# What's your preference in a good hunting bow sight...



## Grizzlybear01 (Apr 5, 2009)

I am going to switch from using my Pollington Red Dot scope to a fixed pin sight, which one would you recommend. We bowhunt mainly on the ground and mostly in tundra environments.

Thanks


----------



## xtremhntr (Jan 31, 2009)

The hunter hog it with the hog wrap by spot hog would be the best hunting sigh if ya ask me!


----------



## Stash (Jun 1, 2002)

Anything with all-metal construction and bright fiber-optics, and a minimum of parts that can come loose. 

Stay away from micro-adjusts, 3rd axis and all the fancy stuff you don't really need once you've locked down your pins - it's all just expensive stuff that may come loose on you. Best left to the 3D crowd.

Depending on your longest shooting distance, probably no more than 3 pins.

A level is good.


----------



## Grizzlybear01 (Apr 5, 2009)

Thank you for your input guys. I know the scope doesn't require a peep sight to shoot from but can we go without using a fixed sight as well or I need a peep sight. If so, what peep sight would you recommend?


----------



## canuck10-56 (May 14, 2003)

Sword sights are as tough as they come and I shoot mine without a peep . You just need to be confident in your form and anchor points.


----------



## araz2114 (Jan 13, 2003)

Stash couldn't have said it better. All metal, minimum of parts and 3 pins are lots...


----------



## dsal (Dec 24, 2008)

Ever since i tried the spothog hunter hog it, with the wrap,19 pin, i Like the sight most of all that i used. If i could would buy some more to replace the ones on my other bows. Nice all around sight.


----------



## shakyshot (Dec 21, 2007)

Impact archery makes some real nice stuff. lots of fibre for max lite but hard to find someone who caries it


----------



## sawtoothscream (Apr 19, 2008)

strong with bright pins. i think im going to get a sword 3rd plane when i get a new bow. it looks like it would be a great sight and the price is nice.


----------



## woodridge 30-30 (Feb 1, 2009)

*sword*

i had a sword on my last bow, dang i dont know why i dont know why i dont have one on my martin. they are rock solid, bright, all aluminum. everything anyone looks for in a good bow site except some facy big brand name. just look at the prices at look at what they are often compared to (spott hogg). they just seem like twice the site at half the price


----------



## Grizzlybear01 (Apr 5, 2009)

Which Sword sight would you guys be thinking about? They are nice


----------



## russ (Jul 29, 2002)

xtremhntr said:


> The hunter hog it with the hog wrap by spot hog would be the best hunting sigh if ya ask me!

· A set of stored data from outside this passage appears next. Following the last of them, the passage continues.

-- ===== src/Encoding/Base64/Groups.antt =====
-- One group of `encode_base64` and `decode_base64`: three bytes as four digits, and back.
use router1_app.Prelude.{
  ℕ, ◌+◌, ◌*◌, ◌/◌, ◌%◌, ◌^◌, ◌<◌, bit_and, bit_or, ◌≡◌, ap, List, [], ◌∷◌, map, arith, shl32, ◌∙◌,
  refl, zero, suc,
}
use Prim.Native.Nat.{max}
use router1_app.Prelude.Bits.{
  bit_or_shift, bit_or-lt, bit_or_disjoint, bit_or_bits, zero-bit_or, bit_and_mask,
}
use router1_app.Encoding.Base64.{encode_char, encode_base64, decode_char, decode_base64}
use router1_app.Encoding.Base64.Chars.{decode_char_cases}

pub byte_mask : (x : ℕ) → bit_and x 0xff ≡ x % 256
byte_mask x = bit_and_mask 8 x

digit_mask : (x : ℕ) → bit_and x 63 ≡ x % 64
digit_mask x = bit_and_mask 6 x

-- The four digits of a group, in plain arithmetic.
abbrev pub digits_of : ℕ → ℕ → ℕ → List ℕ
digits_of a b c = a / 4 ∷ (a % 4 * 16 + b / 16) ∷ (b % 16 * 4 + c / 64) ∷ c % 64 ∷ []

pub encode_base64-digits :
    (a b c : ℕ)
    → a < 256
    → b < 256
    → c < 256
    → encode_base64 a b c ≡ map encode_char (digits_of a b c)
unfolding encode_base64
encode_base64-digits a b c ha hb hc =
    let first : bit_and (a / 2 ^ 2) 63 ≡ a / 4 = omega (arith, digit_mask (a / 4)) in
    let second : bit_and (bit_or (a * 2 ^ 4) (b / 2 ^ 4)) 63 ≡ a % 4 * 16 + b / 16 = omega (
      arith,
      digit_mask (bit_or (a * 2 ^ 4) (b / 2 ^ 4)),
      bit_or_disjoint 4 a (b / 2 ^ 4) (omega arith),
    ) in
    let third : bit_and (bit_or (b * 2 ^ 2) (c / 2 ^ 6)) 63 ≡ b % 16 * 4 + c / 64 = omega (
      arith,
      digit_mask (bit_or (b * 2 ^ 2) (c / 2 ^ 6)),
      bit_or_disjoint 2 b (c / 2 ^ 6) (omega arith),
    ) in
    rw (first, second, third, digit_mask c)

-- `val` as a function of the four decoded digits.
abbrev join_digits : ℕ → ℕ → ℕ → ℕ → ℕ
join_digits p q r s =
    bit_or (bit_or (bit_or (bit_or 0 (shl32 p 18)) (shl32 q 12)) (shl32 r 6)) (shl32 s 0)

join_digits_sum :
    (p q r s : ℕ)
    → p < 64
    → q < 64
    → r < 64
    → s < 64
    → join_digits p q r s ≡ ((p * 64 + q) * 64 + r) * 64 + s
join_digits_sum p q r s hp hq hr hs = omega (
  arith,
  ap (λ (t : ℕ). bit_or (bit_or (bit_or t (shl32 q 12)) (shl32 r 6)) (shl32 s 0)) one,
  ap (λ (t : ℕ). bit_or (bit_or t (shl32 r 6)) (shl32 s 0)) two,
  ap (λ (t : ℕ). bit_or t (shl32 s 0)) three,
  four,
)
  where
    one : bit_or 0 (shl32 p 18) ≡ p * 2 ^ 18
    one = omega (arith, zero-bit_or (shl32 p 18))

    two : bit_or (p * 2 ^ 18) (shl32 q 12) ≡ (p * 64 + q) * 2 ^ 12
    two = omega (arith, bit_or_disjoint 18 p (shl32 q 12) (omega arith))

    three : bit_or ((p * 64 + q) * 2 ^ 12) (shl32 r 6) ≡ ((p * 64 + q) * 64 + r) * 2 ^ 6
    three = omega (arith, bit_or_disjoint 12 (p * 64 + q) (shl32 r 6) (omega arith))

    four : bit_or (((p * 64 + q) * 64 + r) * 2 ^ 6) (shl32 s 0) ≡ ((p * 64 + q) * 64 + r) * 64 + s
    four = omega (arith, bit_or_disjoint 6 ((p * 64 + q) * 64 + r) (shl32 s 0) (omega arith))

-- The sign bit of a shifted digit: set for -1, clear for six bits.
abbrev sign : ℕ → ℕ
sign w = w / 2 ^ 31

sign_or : (a b : ℕ) → a < 2 ^ 32 → b < 2 ^ 32 → sign (bit_or a b) ≡ max (sign a) (sign b)
sign_or a b ha hb = bit_or_shift 31 a b ∙ bit_or_bits (sign a) (sign b) (omega arith) (omega arith)

sign-join_digits :
    (p q r s : ℕ)
    → sign (join_digits p q r s)
      ≡ max
          (max (max (sign (shl32 p 18)) (sign (shl32 q 12))) (sign (shl32 r 6)))
          (sign (shl32 s 0))
sign-join_digits p q r s =
    let w1 : bit_or 0 (shl32 p 18) < 2 ^ 32 = bit_or-lt 32 _ _ (omega arith) (omega arith) in
    let w2 : bit_or (bit_or 0 (shl32 p 18)) (shl32 q 12) < 2 ^ 32 =
      bit_or-lt 32 _ _ w1 (omega arith) in
    let w3 : bit_or (bit_or (bit_or 0 (shl32 p 18)) (shl32 q 12)) (shl32 r 6) < 2 ^ 32 =
      bit_or-lt 32 _ _ w2 (omega arith) in
    omega (
      arith,
      sign_or 0 (shl32 p 18) (omega arith) (omega arith),
      sign_or (bit_or 0 (shl32 p 18)) (shl32 q 12) w1 (omega arith),
      sign_or (bit_or (bit_or 0 (shl32 p 18)) (shl32 q 12)) (shl32 r 6) w2 (omega arith),
      sign_or (bit_or (bit_or (bit_or 0 (shl32 p 18)) (shl32 q 12)) (shl32 r 6)) (shl32 s 0) w3
          (omega arith),
    )

abbrev pub IsDigit : ℕ → Type 0
IsDigit c = decode_char c < 64

-- Four digits: their value, and no sign.
pub decode_base64-digits :
    (a b c d : ℕ)
    → IsDigit a
    → IsDigit b
    → IsDigit c
    → IsDigit d
    → decode_base64 a b c d
      ≡ ((decode_char a * 64 + decode_char b) * 64 + decode_char c) * 64 + decode_char d
unfolding decode_base64
decode_base64-digits a b c d ha hb hc hd =
    join_digits_sum (decode_char a) (decode_char b) (decode_char c) (decode_char d) ha hb hc hd

-- No sign: four digits.
pub decode_base64_sign :
    (a b c d : ℕ)
    → a < 256
    → b < 256
    → c < 256
    → d < 256
    → decode_base64 a b c d / 2 ^ 31 ≡ 0
    → IsDigit a × IsDigit b × IsDigit c × IsDigit d
unfolding decode_base64
decode_base64_sign a b c d ha hb hc hd h = ground (
  arith,
  sign-join_digits (decode_char a) (decode_char b) (decode_char c) (decode_char d),
  decode_char_cases a ha,
  decode_char_cases b hb,
  decode_char_cases c hc,
  decode_char_cases d hd,
)

pub encode-decode_char : (c : ℕ) → c < 256 → IsDigit c → encode_char (decode_char c) ≡ c
encode-decode_char c h d = ground (arith, decode_char_cases c h)

pub decode_base64-lt : (a b c d : ℕ) → decode_base64 a b c d < 2 ^ 32
unfolding decode_base64
decode_base64-lt a b c d =
    bit_or-lt 32 _ _
      (bit_or-lt 32 _ _
        (bit_or-lt 32 _ _ (bit_or-lt 32 _ _ (omega arith) (omega arith)) (omega arith))
        (omega arith))
      (omega arith)

-- The four characters of three bytes, where each digit of the bytes is known.
pub encode_base64_chars :
    (x y z a b c d : ℕ)
    → x < 256
    → y < 256
    → z < 256
    → encode_char (x / 4) ≡ a
    → encode_char (x % 4 * 16 + y / 16) ≡ b
    → encode_char (y % 16 * 4 + z / 64) ≡ c
    → encode_char (z % 64) ≡ d
    → encode_base64 x y z ≡ a ∷ b ∷ c ∷ d ∷ []
encode_base64_chars x y z a b c d hx hy hz ea eb ec ed =
    rw (encode_base64-digits x y z hx hy hz) (rw (ea, eb, ec, ed) refl)

-- Four digits, decoded to three bytes and encoded again, are the same characters.
pub encode-decode_base64 :
    (a b c d : ℕ)
    → (a < 256) × (b < 256) × (c < 256) × (d < 256)
    → IsDigit a × IsDigit b × IsDigit c × IsDigit d
    → encode_base64
        (bit_and (decode_base64 a b c d / 2 ^ 16) 0xff)
        (bit_and (decode_base64 a b c d / 2 ^ 8) 0xff)
        (bit_and (decode_base64 a b c d) 0xff)
      ≡ a ∷ b ∷ c ∷ d ∷ []
encode-decode_base64 a b c d (ha, hb, hc, hd) (ia, ib, ic, id) =
    let v = decode_base64 a b c d in
    let e = decode_base64-digits a b c d ia ib ic id in
    let m2 = byte_mask (v / 2 ^ 16) in
    let m1 = byte_mask (v / 2 ^ 8) in
    let m0 = byte_mask v in
    let x = bit_and (v / 2 ^ 16) 0xff in
    let y = bit_and (v / 2 ^ 8) 0xff in
    let z = bit_and v 0xff in
    let pa : x / 4 ≡ decode_char a = omega (arith, e, m2) in
    let pb : x % 4 * 16 + y / 16 ≡ decode_char b = omega (arith, e, m2, m1) in
    let pc : y % 16 * 4 + z / 64 ≡ decode_char c = omega (arith, e, m1, m0) in
    let pd : z % 64 ≡ decode_char d = omega (arith, e, m0) in
    encode_base64_chars x y z a b c d (omega (arith, m2)) (omega (arith, m1)) (omega (arith, m0))
      (ap encode_char pa ∙ encode-decode_char a ha ia)
      (ap encode_char pb ∙ encode-decode_char b hb ib)
      (ap encode_char pc ∙ encode-decode_char c hc ic)
      (ap encode_char pd ∙ encode-decode_char d hd id)

-- The place of the padding behind n whole groups.
abbrev pub last_place : ℕ → ℕ
last_place zero = 3
last_place (suc n) = suc (suc (suc (suc (last_place n))))
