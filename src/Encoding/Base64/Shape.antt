-- ===== src/Encoding/Base64/Shape.antt =====
-- Whatever the text, a key that is decoded from 44 characters has 32 bytes.
use router1_app.Prelude.{
  ℕ, zero, suc, ◌+◌, ◌*◌, ◌/◌, ◌^◌, ◌≡◌, inl, inr, List, [], ◌∷◌, arith, ◌==◌, Bool-cases, length,
  get_or, All,
}
use router1_app.Encoding.Flags.{or8, IsByte, IsKey}
use router1_app.Encoding.Base64.{decode_base64, decode_groups, key_from_base64}
use router1_app.Encoding.Base64.Groups.{byte_mask}

decode_groups-bytes :
    (n ret : ℕ) (text : List ℕ)
    → length text ≡ 4 * n + 4
    → All IsByte (decode_groups n text ret).bytes
      × (length (decode_groups n text ret).bytes ≡ 3 * n + 2)
unfolding decode_groups
decode_groups-bytes zero ret (a ∷ b ∷ c ∷ d ∷ rest) h =
    let v = decode_base64 a b c b'A' in omega (arith, byte_mask (v / 2 ^ 16), byte_mask (v / 2 ^ 8))
decode_groups-bytes (suc n) ret (a ∷ b ∷ c ∷ d ∷ rest) h =
    let v = decode_base64 a b c d in
    let later = decode_groups-bytes n (or8 ret (v / 2 ^ 31)) rest (omega arith) in
    (
      (
        omega (arith, byte_mask (v / 2 ^ 16)),
        (omega (arith, byte_mask (v / 2 ^ 8)), (omega (arith, byte_mask v), later.0)),
      ),
      omega (arith, later.1),
    )
decode_groups-bytes zero ret [] h = absurd (omega arith)
decode_groups-bytes zero ret (a ∷ []) h = absurd (omega arith)
decode_groups-bytes zero ret (a ∷ b ∷ []) h = absurd (omega arith)
decode_groups-bytes zero ret (a ∷ b ∷ c ∷ []) h = absurd (omega arith)
decode_groups-bytes (suc n) ret [] h = absurd (omega arith)
decode_groups-bytes (suc n) ret (a ∷ []) h = absurd (omega arith)
decode_groups-bytes (suc n) ret (a ∷ b ∷ []) h = absurd (omega arith)
decode_groups-bytes (suc n) ret (a ∷ b ∷ c ∷ []) h = absurd (omega arith)

-- The key array stays a key, whatever the answer.
pub key_from_base64-IsKey : (old text : List ℕ) → IsKey old → IsKey (key_from_base64 old text).1
unfolding key_from_base64
key_from_base64-IsKey old text h = elim (Bool-cases (length text == 44)) [
  | inr wrong ↦ rw wrong h
  | inl right ↦ elim (Bool-cases (get_or text 43 0 == b'=')) [
    | inr wrong ↦ rw (right, wrong) h
    | inl pad ↦ rw (right, pad) (decode_groups-bytes 10 0 text (ground (arith, right)))
  ]
]
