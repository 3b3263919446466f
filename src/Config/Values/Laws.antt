-- ===== src/Config/Values/Laws.antt =====
-- The parsers of single values: what they accept, and the ranges of what they give.
use router1_app.Prelude.{
  ℕ, ◌^◌, ◌<◌, arith, Bytes, Ensures, ◌≡◌, refl, ◌⊎◌, inl, inr, none, Bool-cases, ltb, ◌==◌, length,
  take, drop,
}
use router1_app.Encoding.Flags.{IsKey}
use router1_app.Encoding.Base64.Shape.{key_from_base64-IsKey}
use router1_app.Encoding.Base64.{key_from_base64}
use router1_app.Containers.Valid.{IsAwgString, zero_key-IsKey}
use router1_app.Config.Host.{
  Host, IsHost, GaiError, Resolved, Gai, KeyFile, found, error, no_file, contents,
}
use router1_app.Config.Values.{
  Flagged, parse_port, parse_fwmark, parse_persistent_keepalive, parse_awg_string, parse_uint16,
  parse_bool, parse_key, parse_keyfile, all_spaces, read_keyfile,
}

pub Gai-cases : (g : Gai) → ((r : Resolved) × (g ≡ found r)) ⊎ ((e : GaiError) × (g ≡ error e))
Gai-cases (found r) = inl (r, refl)
Gai-cases (error e) = inr (e, refl)

abbrev pub Below : ℕ → Flagged → Type 0
Below n f = f.value < n

pub parse_port-Ensures :
    (h : Host) (flags : ℕ) (v : Bytes) → IsHost h → Ensures (Below (2 ^ 16)) (parse_port h flags v)
unfolding parse_port
parse_port-Ensures h flags v w = elim (Gai-cases (h.getaddrinfo 0 none v)) [
  | inl (r, e) ↦ ground (arith, e, w.port_range 0 none v r)
  | inr (x, e) ↦ ground (arith, e)
]

pub parse_fwmark-Ensures : (flags : ℕ) (v : Bytes) → Ensures (Below (2 ^ 32)) (parse_fwmark flags v)
unfolding parse_fwmark
parse_fwmark-Ensures flags v = ground arith

pub parse_persistent_keepalive-Ensures :
    (flags : ℕ) (v : Bytes) → Ensures (Below (2 ^ 16)) (parse_persistent_keepalive flags v)
unfolding parse_persistent_keepalive
parse_persistent_keepalive-Ensures flags v = ground arith

pub parse_uint16-Ensures : (v : Bytes) → Ensures (λ n. n < 2 ^ 16) (parse_uint16 v)
unfolding parse_uint16
parse_uint16-Ensures v = ground arith

pub parse_awg_string-Ensures : (v : Bytes) → Ensures IsAwgString (parse_awg_string v)
unfolding parse_awg_string
parse_awg_string-Ensures v = ground arith

pub parse_bool-Ensures : (v : Bytes) → Ensures (λ b. Unit) (parse_bool v)
unfolding parse_bool
parse_bool-Ensures v = ground arith

-- The key array stays a key, also where the value is refused.
pub parse_key-IsKey : (old v : Bytes) → IsKey old → IsKey (parse_key old v).1
unfolding parse_key
parse_key-IsKey old v h = elim (Bool-cases (key_from_base64 old v).0) [
  | inl accepted ↦ rw accepted (key_from_base64-IsKey old v h)
  | inr refused ↦ rw refused zero_key-IsKey
]

read_keyfile-IsKey : (f : KeyFile) (old : Bytes) → IsKey old → IsKey (read_keyfile old f).1
unfolding read_keyfile
read_keyfile-IsKey no_file old k = k
read_keyfile-IsKey (contents text) old k = elim (Bool-cases (ltb (length text) 44)) [
  | inl short ↦ elim (Bool-cases (length text == 0)) [
    | inl empty ↦ rw (short, empty) zero_key-IsKey
    | inr cut ↦ rw (short, cut) k
  ]
  | inr whole ↦ elim (Bool-cases (all_spaces (drop 44 text))) [
    | inl blank ↦ rw (whole, blank) (parse_key-IsKey old (take 44 text) k)
    | inr trailing ↦ rw (whole, trailing) k
  ]
]

pub parse_keyfile-IsKey :
    (h : Host) (old path : Bytes) → IsKey old → IsKey (parse_keyfile h old path).1
unfolding parse_keyfile
parse_keyfile-IsKey h old path = read_keyfile-IsKey (h.open_file path) old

can the pins be individually adjusted for windage + gang adjusted? I have astigmatism and with correction, my pins shift 8-12" @ 50 yds from red - green.


----------



## JDoupe (Dec 9, 2006)

russ said:


> can the pins be individually adjusted for windage + gang adjusted? I have astigmatism and with correction, my pins shift 8-12" @ 50 yds from red - green.




Wow...That would be freaky.


Yes they can be adjusted individually and Gang (Peace Out!)


----------



## russ (Jul 29, 2002)

not freaky, just a big PITA. If I want all my pins on the same plane I have to make them all the same colours. I suspect it's a problem that's more common than people think.


----------



## sagitarius (Sep 11, 2007)

I would recommend you use a peep sight. I like the G5 Meta peep. 

I would also recommend a level. It can make a big difference on up and down hill shots.

As others have said, get a well built, tough site with as few bells and whistles as possible. I would not recommend the G5 sights (even though I would recommend thier peep). They look awesome, but good luck getting them adjusted to where you need it. And they are not very durable.


----------



## pintojk (Jan 31, 2003)

araz2114 said:


> Stash couldn't have said it better. All metal, minimum of parts and 3 pins are lots...


+1 :thumb:


----------



## Justin82 (Mar 12, 2009)

Spott Hoggs stuff is tuff as nails i dont think you could go wrong with em


----------